(Records from a collection)
★ ★ ★ ★ ★ ★ ★
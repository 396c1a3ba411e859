-- ===== src/Buffer/Frame/Leaks.antt =====
-- No descriptor and no reference is lost when a frame is replaced.
use waydisplay.Prelude.{
  ltb, ◌==◌, Bool-cases, Option-cases, length, ℕ, zero, suc, ◌+◌, ◌≡◌, refl, ap, ◌⊎◌, inl, inr,
  Bool, true, false, ◌||◌, Option, none, some, List, [], ◌∷◌, arith,
}
use waydisplay.Buffer.{Layout}
use waydisplay.Buffer.Range.{cpu_range_valid}
use waydisplay.Buffer.Frame.{
  max_planes, plane_fds, owned_fds, owned_refs, frame_reset, kept_frame, set_cpu, dup_planes,
  set_drm_prime_dup, planes_valid, frame_valid, frame_clone, Plane, Storage, no_storage, cpu,
  drm_prime, PixelFrame, Effects,
}

-- The frame is replaced by a valid one, which owns what the call has taken, and what the old one
-- owned is given back.
pub record Replaced (old : PixelFrame) (e : Effects) : Type 0 where
  pub succeeds : e.ok ≡ true
  pub is_valid : frame_valid e.frame ≡ true
  pub owns_opened : owned_fds e.frame ≡ e.opened
  pub owns_retained : owned_refs e.frame ≡ e.retained
  pub closes_old : e.closed ≡ owned_fds old
  pub gives_back_old : e.given_back ≡ owned_refs old

-- The frame stays, and what the call has taken it has given back.
pub record Kept (old : PixelFrame) (e : Effects) : Type 0 where
  pub fails : e.ok ≡ false
  pub same_frame : e.frame ≡ old
  pub closes_opened : e.closed ≡ e.opened
  pub gives_back_retained : e.given_back ≡ e.retained

-- The descriptors that the first `k` calls of dup from the plane `i` on return, up to the first that
-- fails.
pub duplicates : (ℕ → Option ℕ) → ℕ → ℕ → List ℕ
duplicates dup i zero = []
duplicates dup i (suc k) = elim (dup i) [ none ↦ [] | some copy ↦ copy ∷ duplicates dup (i + 1) k ]

-- The planes that the loop fills hold what it has opened, and these are what the calls returned.
dup_planes-opened :
    (dup : ℕ → Option ℕ) (i : ℕ) (ps : List Plane)
    → let (through, filled, copies) = dup_planes dup i ps in
      (plane_fds filled ≡ copies) × (k : ℕ) × (copies ≡ duplicates dup i k)
unfolding dup_planes duplicates
dup_planes-opened dup i [] = (refl, 0, refl)
dup_planes-opened dup i (p ∷ ps) = elim (Option-cases p.fd) [
  | inl closed ↦ rw closed (refl, 0, refl)
  | inr (fd, is_open) ↦ elim (Bool-cases (p.stride == 0)) [
    | inl empty ↦ rw (is_open, empty) (refl, 0, refl)
    | inr stride ↦ elim (Option-cases (dup i)) [
      | inl fails ↦ rw (is_open, stride, fails) (refl, 0, refl)
      | inr (copy, made) ↦
          let (held, k, calls) = dup_planes-opened dup (i + 1) ps in
          rw (is_open, stride, made)
            (ap (λ l. copy ∷ l) held, suc k, rw (duplicates, made) (ap (λ l. copy ∷ l) calls))
    ]
  ]
]

dup_planes_lem :
    (dup : ℕ → Option ℕ) (i : ℕ) (ps : List Plane)
    → (dup_planes dup i ps).0 ≡ true
    → (planes_valid (dup_planes dup i ps).1 ≡ true) × (length (dup_planes dup i ps).1 ≡ length ps)
unfolding dup_planes
dup_planes_lem dup i [] ok = (refl, refl)
dup_planes_lem dup i (p ∷ ps) ok = elim (Option-cases p.fd) [
  | inl closed ↦ absurd (ground (arith, rw closed at ok))
  | inr (fd, is_open) ↦ elim (Bool-cases (p.stride == 0)) [
    | inl empty ↦ absurd (ground (arith, rw (is_open, empty) at ok))
    | inr stride ↦ elim (Option-cases (dup i)) [
      | inl fails ↦ absurd (ground (arith, rw (is_open, stride, fails) at ok))
      | inr (copy, made) ↦
          let (all, len) = dup_planes_lem dup (i + 1) ps (rw (is_open, stride, made) at ok) in
          rw (is_open, stride, made) (ground (arith, stride, all), ap suc len)
    ]
  ]
]

kept_frame-Kept : (f : PixelFrame) → Kept f (kept_frame f)
kept_frame-Kept f = record {
  fails = refl;
  same_frame = refl;
  closes_opened = refl;
  gives_back_retained = refl;
}

has_pixels :
    (layout : Layout) (offset width height stride : ℕ)
    → cpu_range_valid layout offset width height stride ≡ true
    → (width == 0 || height == 0) ≡ false
unfolding cpu_range_valid
has_pixels layout offset width height stride ok = ground (arith, ok)

set_cpu-cases :
    (f : PixelFrame) (retains : Bool) (buffer : ℕ) (layout : Layout)
    (offset width height stride fourcc pts : ℕ)
    → let e = set_cpu f retains buffer layout offset width height stride fourcc pts in
      Replaced f e ⊎ Kept f e
unfolding set_cpu frame_valid frame_reset
set_cpu-cases f retains buffer layout offset width height stride fourcc pts =
    elim (Bool-cases (cpu_range_valid layout offset width height stride)) [
      | inr out ↦ inr (rw out (kept_frame-Kept f))
      | inl good ↦ elim (Bool-cases retains) [
        | inr none_left ↦ inr (rw (good, none_left) (kept_frame-Kept f))
        | inl kept ↦ inl (
            rw (good, kept)
              (record {
                succeeds = refl;
                is_valid = rw (has_pixels layout offset width height stride good, good) refl;
                owns_opened = refl;
                owns_retained = refl;
                closes_old = refl;
                gives_back_old = refl;
              }))
      ]
    ]

-- What a call has opened is what its calls of dup have returned, in order.
pub OpenedBy : (ℕ → Option ℕ) → Effects → Type 0
OpenedBy dup e = (k : ℕ) × (e.opened ≡ duplicates dup 0 k)

set_cpu-OpenedBy :
    (f : PixelFrame) (dup : ℕ → Option ℕ) (retains : Bool) (buffer : ℕ) (layout : Layout)
    (offset width height stride fourcc pts : ℕ)
    → OpenedBy dup (set_cpu f retains buffer layout offset width height stride fourcc pts)
unfolding set_cpu duplicates OpenedBy
set_cpu-OpenedBy f dup retains buffer layout offset width height stride fourcc pts =
    elim (Bool-cases (cpu_range_valid layout offset width height stride)) [
      | inr out ↦ rw out (0, refl)
      | inl good ↦ elim (Bool-cases retains) [
        | inr none_left ↦ rw (good, none_left) (0, refl)
        | inl kept ↦ rw (good, kept) (0, refl)
      ]
    ]

set_drm-OpenedBy :
    (f : PixelFrame) (dup : ℕ → Option ℕ) (width height fourcc pts : ℕ) (planes : List Plane)
    → OpenedBy dup (set_drm_prime_dup f dup width height fourcc pts planes)
unfolding set_drm_prime_dup duplicates OpenedBy
set_drm-OpenedBy f dup width height fourcc pts planes =
    let bad =
      width == 0 || (height == 0 || (length planes == 0 || ltb max_planes (length planes))) in
    elim (Bool-cases bad) [
      | inl out ↦ rw out (0, refl)
      | inr shaped ↦ let (_, k, calls) = dup_planes-opened dup 0 planes in rw shaped (k, calls)
    ]

set_drm-cases :
    (f : PixelFrame) (dup : ℕ → Option ℕ) (width height fourcc pts : ℕ) (planes : List Plane)
    → let e = set_drm_prime_dup f dup width height fourcc pts planes in Replaced f e ⊎ Kept f e
unfolding set_drm_prime_dup frame_valid frame_reset
set_drm-cases f dup width height fourcc pts planes =
    let bad =
      width == 0 || (height == 0 || (length planes == 0 || ltb max_planes (length planes))) in
    elim (Bool-cases bad) [
      | inl out ↦ inr (rw out (kept_frame-Kept f))
      | inr shaped ↦ elim (Bool-cases (dup_planes dup 0 planes).0) [
        | inr fails ↦ inr (
            rw (shaped, fails)
              (record {
                fails = refl;
                same_frame = refl;
                closes_opened = (dup_planes-opened dup 0 planes).0;
                gives_back_retained = refl;
              }))
        | inl through ↦
            let (all, len) = dup_planes_lem dup 0 planes through in
            let pixels : (width == 0 || height == 0) ≡ false = ground (arith, shaped) in
            let count : (length (dup_planes dup 0 planes).1 == 0
                  || ltb max_planes (length (dup_planes dup 0 planes).1))
                ≡ false =
              ground (arith, shaped, len) in
            inl (
              rw (shaped, through)
                (record {
                  succeeds = refl;
                  is_valid = rw (pixels, count) all;
                  owns_opened = (dup_planes-opened dup 0 planes).0;
                  owns_retained = refl;
                  closes_old = refl;
                  gives_back_old = refl;
                }))
      ]
    ]

-- What clone_loses_nothing says of a call onto the frame `old`.
pub Accounted : (ℕ → Option ℕ) → PixelFrame → Effects → Type 0
Accounted dup old e = OpenedBy dup e × (Replaced old e ⊎ Kept old e)

-- Cloning a frame onto another one, whatever the outcomes of the duplications of its descriptors and
-- of retaining its buffer: the descriptors that it opens are those that the duplications return, up
-- to the first that fails; and either the other frame becomes valid and owns exactly the descriptors
-- that were opened and the reference that was taken, and everything that it owned before is closed
-- or given back; or it stays as it is, and each descriptor that was opened is closed again.
pub clone_loses_nothing :
    (destination : PixelFrame) (dup : ℕ → Option ℕ) (retains : Bool) (source : PixelFrame)
    → Accounted dup destination (frame_clone destination dup retains source)
unfolding frame_clone Accounted OpenedBy duplicates
clone_loses_nothing d dup retains source = elim (Bool-cases (frame_valid source)) [
  | inr bad ↦ rw bad ((0, refl), inr (kept_frame-Kept d))
  | inl good ↦ rw good (by_storage source.storage)
]
  where
    by_storage :
        (s : Storage)
        → let e : Effects = (elim s [
          | no_storage ↦ kept_frame d
          | cpu buffer layout offset stride ↦
              set_cpu d retains buffer layout offset source.width source.height stride source.fourcc
                source.pts_usec
          | drm_prime planes ↦
              set_drm_prime_dup d dup source.width source.height source.fourcc source.pts_usec
                planes
        ]) in
          Accounted dup d e
    by_storage no_storage = ((0, refl), inr (kept_frame-Kept d))
    by_storage (cpu buffer layout offset stride) = (
      set_cpu-OpenedBy d dup retains buffer layout offset source.width source.height stride
          source.fourcc source.pts_usec,
      set_cpu-cases d retains buffer layout offset source.width source.height stride source.fourcc
          source.pts_usec,
    )
    by_storage (drm_prime planes) = (
      set_drm-OpenedBy d dup source.width source.height source.fourcc source.pts_usec planes,
      set_drm-cases d dup source.width source.height source.fourcc source.pts_usec planes,
    )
★ ★ ★ ★ ★ ★ ★
- _How to complete this task_: Above are the entries. Output exactly the lines beginning with the line that has "(f : PixelFrame) (retains" and ending with the line that has "OpenedBy dup e = (k".

- _Your solution_:
    (f : PixelFrame) (retains : Bool) (buffer : ℕ) (layout : Layout)
    (offset width height stride fourcc pts : ℕ)
    → let e = set_cpu f retains buffer layout offset width height stride fourcc pts in
      Replaced f e ⊎ Kept f e
unfolding set_cpu frame_valid frame_reset
set_cpu-cases f retains buffer layout offset width height stride fourcc pts =
    elim (Bool-cases (cpu_range_valid layout offset width height stride)) [
      | inr out ↦ inr (rw out (kept_frame-Kept f))
      | inl good ↦ elim (Bool-cases retains) [
        | inr none_left ↦ inr (rw (good, none_left) (kept_frame-Kept f))
        | inl kept ↦ inl (
            rw (good, kept)
              (record {
                succeeds = refl;
                is_valid = rw (has_pixels layout offset width height stride good, good) refl;
                owns_opened = refl;
                owns_retained = refl;
                closes_old = refl;
                gives_back_old = refl;
              }))
      ]
    ]

-- What a call has opened is what its calls of dup have returned, in order.
pub OpenedBy : (ℕ → Option ℕ) → Effects → Type 0
OpenedBy dup e = (k : ℕ) × (e.opened ≡ duplicates dup 0 k)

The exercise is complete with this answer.